# New to Blenheim



## JGJC

Hi All.

I am new to this site and thought I would give it a go as a way to meet some new people.
We have just moved to Blenheim from windy Wellington and are looking forward to settling down to a more small town lifestyle (we were in Nelson before Welly and loved it)
Are there any ex pats out there in Blenheim? Can you share what there is to do? especially for young kids, ours are 3 & 5.
Also we are a very sociable couple in our 30's so if anyone fancies a drink sometime, whether it be a coffee with the kids or a pint one night please feel free to give us a shout.
Thanks and looking forward to your replies


----------



## escapedtonz

JGJC said:


> Hi All. I am new to this site and thought I would give it a go as a way to meet some new people. We have just moved to Blenheim from windy Wellington and are looking forward to settling down to a more small town lifestyle (we were in Nelson before Welly and loved it) Are there any ex pats out there in Blenheim?

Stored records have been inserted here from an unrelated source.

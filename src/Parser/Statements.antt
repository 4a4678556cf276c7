-- ===== src/Parser/Statements.antt =====
-- parser/parser.cpp: the SELECT statement, with the select list, the joins and the other lists. The
-- fuel of `parse_statement` bounds the nesting of expressions and the length of every list.
pub mod Ends
use sql_query_optimizer.Prelude.{
  ℕ, zero, suc, ◌+◌, ◌-◌, ◌^◌, String, Bool, true, false, Option, none, some, List, [], ◌∷◌, length,
  ◌==◌, if◌then◌else◌,
}
use sql_query_optimizer.Prelude.Int.{ℤ, pos, negsuc}
use sql_query_optimizer.Ast.{
  Expression, column, SelectItem, expression, any_column, qualified_wildcard, TableRef, JoinType,
  Join, OrderByItem, SelectStatement,
}
use sql_query_optimizer.Parser.{Token}
use sql_query_optimizer.Parser.Outcome.{
  Parsed, parsed, syntax_error, out_of_fuel, Parser, ◌>>=◌, peek, advance, expect,
}
use sql_query_optimizer.Parser.Expressions.{is_comma, parse_expr}

abbrev pub is_from : Token → Bool
is_from Token.from = true
is_from _ = false

abbrev pub is_join : Token → Bool
is_join Token.join = true
is_join _ = false

abbrev pub is_on : Token → Bool
is_on Token.on = true
is_on _ = false

abbrev pub is_by : Token → Bool
is_by Token.by = true
is_by _ = false

abbrev pub is_where : Token → Bool
is_where Token.where_ = true
is_where _ = false

abbrev pub is_group : Token → Bool
is_group Token.group = true
is_group _ = false

abbrev pub is_having : Token → Bool
is_having Token.having = true
is_having _ = false

abbrev pub is_order : Token → Bool
is_order Token.order = true
is_order _ = false

abbrev pub is_limit : Token → Bool
is_limit Token.limit = true
is_limit _ = false

abbrev pub starts_join : Token → Bool
starts_join Token.join = true
starts_join Token.inner = true
starts_join Token.left = true
starts_join Token.right = true
starts_join Token.cross = true
starts_join _ = false

abbrev pub parse_identifier : Parser String
parse_identifier (Token.identifier s ∷ ts) = parsed s ts
parse_identifier _ = syntax_error

-- `AS name`, `name` or nothing.
unfoldable pub parse_alias : Parser (Option String)
parse_alias (Token.as_ ∷ ts) = do (s, rest) ← parse_identifier ts; parsed (some s) rest
parse_alias (Token.identifier s ∷ ts) = parsed (some s) ts
parse_alias ts = parsed none ts

-- Items separated by commas.
unfoldable pub comma_list {ℓ} : {A : Type ℓ} → Parser A → ℕ → Parser (List A)
comma_list item zero ts = out_of_fuel
comma_list item (suc k) ts = item ts >>= λ r.
    let more = comma_list item k (advance r.1) >>= λ rs. parsed (r.0 ∷ rs.0) rs.1 in
    if is_comma (peek r.1) then more else parsed (r.0 ∷ []) r.1

-- What the select list makes of an expression: `t.*` becomes a wildcard, anything else may have an
-- alias.
unfoldable pub select_item : Expression → Parser SelectItem
unfolding parse_alias
select_item (column (some t) c) ts =
    let aliased = parse_alias ts >>= λ r. parsed (expression (column (some t) c) r.0) r.1 in
    if c == "*" then parsed (qualified_wildcard t) ts else aliased
select_item e ts = parse_alias ts >>= λ r. parsed (expression e r.0) r.1

unfoldable pub parse_select_item : ℕ → Parser SelectItem
unfolding select_item parse_expr
parse_select_item f (Token.star ∷ ts) = parsed any_column ts
parse_select_item f ts = parse_expr f ts >>= λ r. select_item r.0 r.1

unfoldable pub parse_select_list : ℕ → Parser (List SelectItem)
unfolding parse_select_item comma_list
parse_select_list f = comma_list (parse_select_item f) f

unfoldable pub parse_table_ref : Parser TableRef
unfolding parse_alias
parse_table_ref ts = do
  (name, rest) ← parse_identifier ts
  (alias, rest') ← parse_alias rest
  parsed (record { table_name = name; alias = alias }) rest'

unfoldable pub parse_join_type : Parser JoinType
parse_join_type (Token.join ∷ ts) = parsed JoinType.inner ts
parse_join_type (Token.inner ∷ ts) = expect is_join ts >>= λ r. parsed JoinType.inner r.1
parse_join_type (Token.left ∷ ts) = expect is_join ts >>= λ r. parsed JoinType.left r.1
parse_join_type (Token.right ∷ ts) = expect is_join ts >>= λ r. parsed JoinType.right r.1
parse_join_type (Token.cross ∷ ts) = expect is_join ts >>= λ r. parsed JoinType.cross r.1
parse_join_type _ = syntax_error

unfoldable pub parse_join : ℕ → Parser Join
unfolding parse_expr parse_join_type parse_table_ref
parse_join f ts = do
  (type, rest) ← parse_join_type ts
  (table, rest') ← parse_table_ref rest
  (_, rest'') ← expect is_on rest'
  (condition, end) ← parse_expr f rest''
  parsed (record { join_type = type; table = table; condition = condition }) end

-- Zero or more joins.
unfoldable pub parse_joins : ℕ → ℕ → Parser (List Join)
unfolding parse_join
parse_joins f zero ts = out_of_fuel
parse_joins f (suc k) ts =
    let more = parse_join f ts >>= λ r. parse_joins f k r.1 >>= λ rs. parsed (r.0 ∷ rs.0) rs.1 in
    if starts_join (peek ts) then more else parsed [] ts

abbrev pub parse_direction : Parser Bool
parse_direction (Token.asc ∷ ts) = parsed true ts
parse_direction (Token.desc ∷ ts) = parsed false ts
parse_direction ts = parsed true ts

unfoldable pub parse_order_by_item : ℕ → Parser OrderByItem
unfolding parse_expr
parse_order_by_item f ts = do
  (e, rest) ← parse_expr f ts
  (up, rest') ← parse_direction rest
  parsed (record { sort_key = e; ascending = up }) rest'

-- A clause that its keyword starts.
abbrev pub parse_clause {ℓ} : {A : Type ℓ} → (Token → Bool) → Parser A → A → Parser A
parse_clause is_keyword p default ts =
    if is_keyword (peek ts) then p (advance ts) else parsed default ts

abbrev pub parse_some {ℓ} : {A : Type ℓ} → Parser A → Parser (Option A)
parse_some p ts = p ts >>= λ r. parsed (some r.0) r.1

abbrev pub after_by {ℓ} : {A : Type ℓ} → Parser A → Parser A
after_by p ts = expect is_by ts >>= λ r. p r.1

-- `static_cast<size_t>` of an int64.
abbrev pub to_size : ℤ → ℕ
to_size (pos n) = n
to_size (negsuc n) = 2 ^ 64 - (n + 1)

abbrev pub parse_limit : Parser (Option ℕ)
parse_limit (Token.integer n ∷ ts) = parsed (some (to_size n)) ts
parse_limit _ = syntax_error

unfoldable pub parse_select : ℕ → Parser SelectStatement
unfolding parse_select_list parse_table_ref parse_joins parse_expr comma_list parse_order_by_item
parse_select f ts = do
  (columns, ts₁) ← parse_select_list f ts
  (_, ts₂) ← expect is_from ts₁
  (from, ts₃) ← parse_table_ref ts₂
  (joins, ts₄) ← parse_joins f f ts₃
  (where_clause, ts₅) ← parse_clause is_where (parse_some (parse_expr f)) none ts₄
  (group_by, ts₆) ← parse_clause is_group (after_by (comma_list (parse_expr f) f)) [] ts₅
  (having, ts₇) ← parse_clause is_having (parse_some (parse_expr f)) none ts₆
  (order_by, ts₈) ← parse_clause is_order (after_by (comma_list (parse_order_by_item f) f)) [] ts₇
  (limit, ts₉) ← parse_clause is_limit parse_limit none ts₈
  parsed
      (record {
        columns = columns;
        from = from;
        joins = joins;
        where_clause = where_clause;
        group_by = group_by;
        having = having;
        order_by = order_by;
        limit = limit;
      })
      ts₉

unfoldable pub parse_statement : ℕ → Parser SelectStatement
unfolding parse_select
parse_statement f (Token.select ∷ ts) = parse_select f ts
parse_statement f _ = syntax_error

-- `parse`, with the tokens it leaves unread.
unfoldable pub parse : Parser SelectStatement
unfolding parse_statement
parse ts = parse_statement (suc (length ts)) ts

Can you share what there is to do? especially for young kids, ours are 3 & 5. Also we are a very sociable couple in our 30's so if anyone fancies a drink sometime, whether it be a coffee with the kids or a pint one night please feel free to give us a shout. Thanks and looking forward to your replies


Hi JGJC,

Welcome to the forum.

We should hook you up with our friends who've just moved to Blenheim. 

They might not be there for long though as her hubby keeps dragging the family around for the sake of a mega pay rise and relocation package, but I suppose it pays for the live in au pair they insist on having!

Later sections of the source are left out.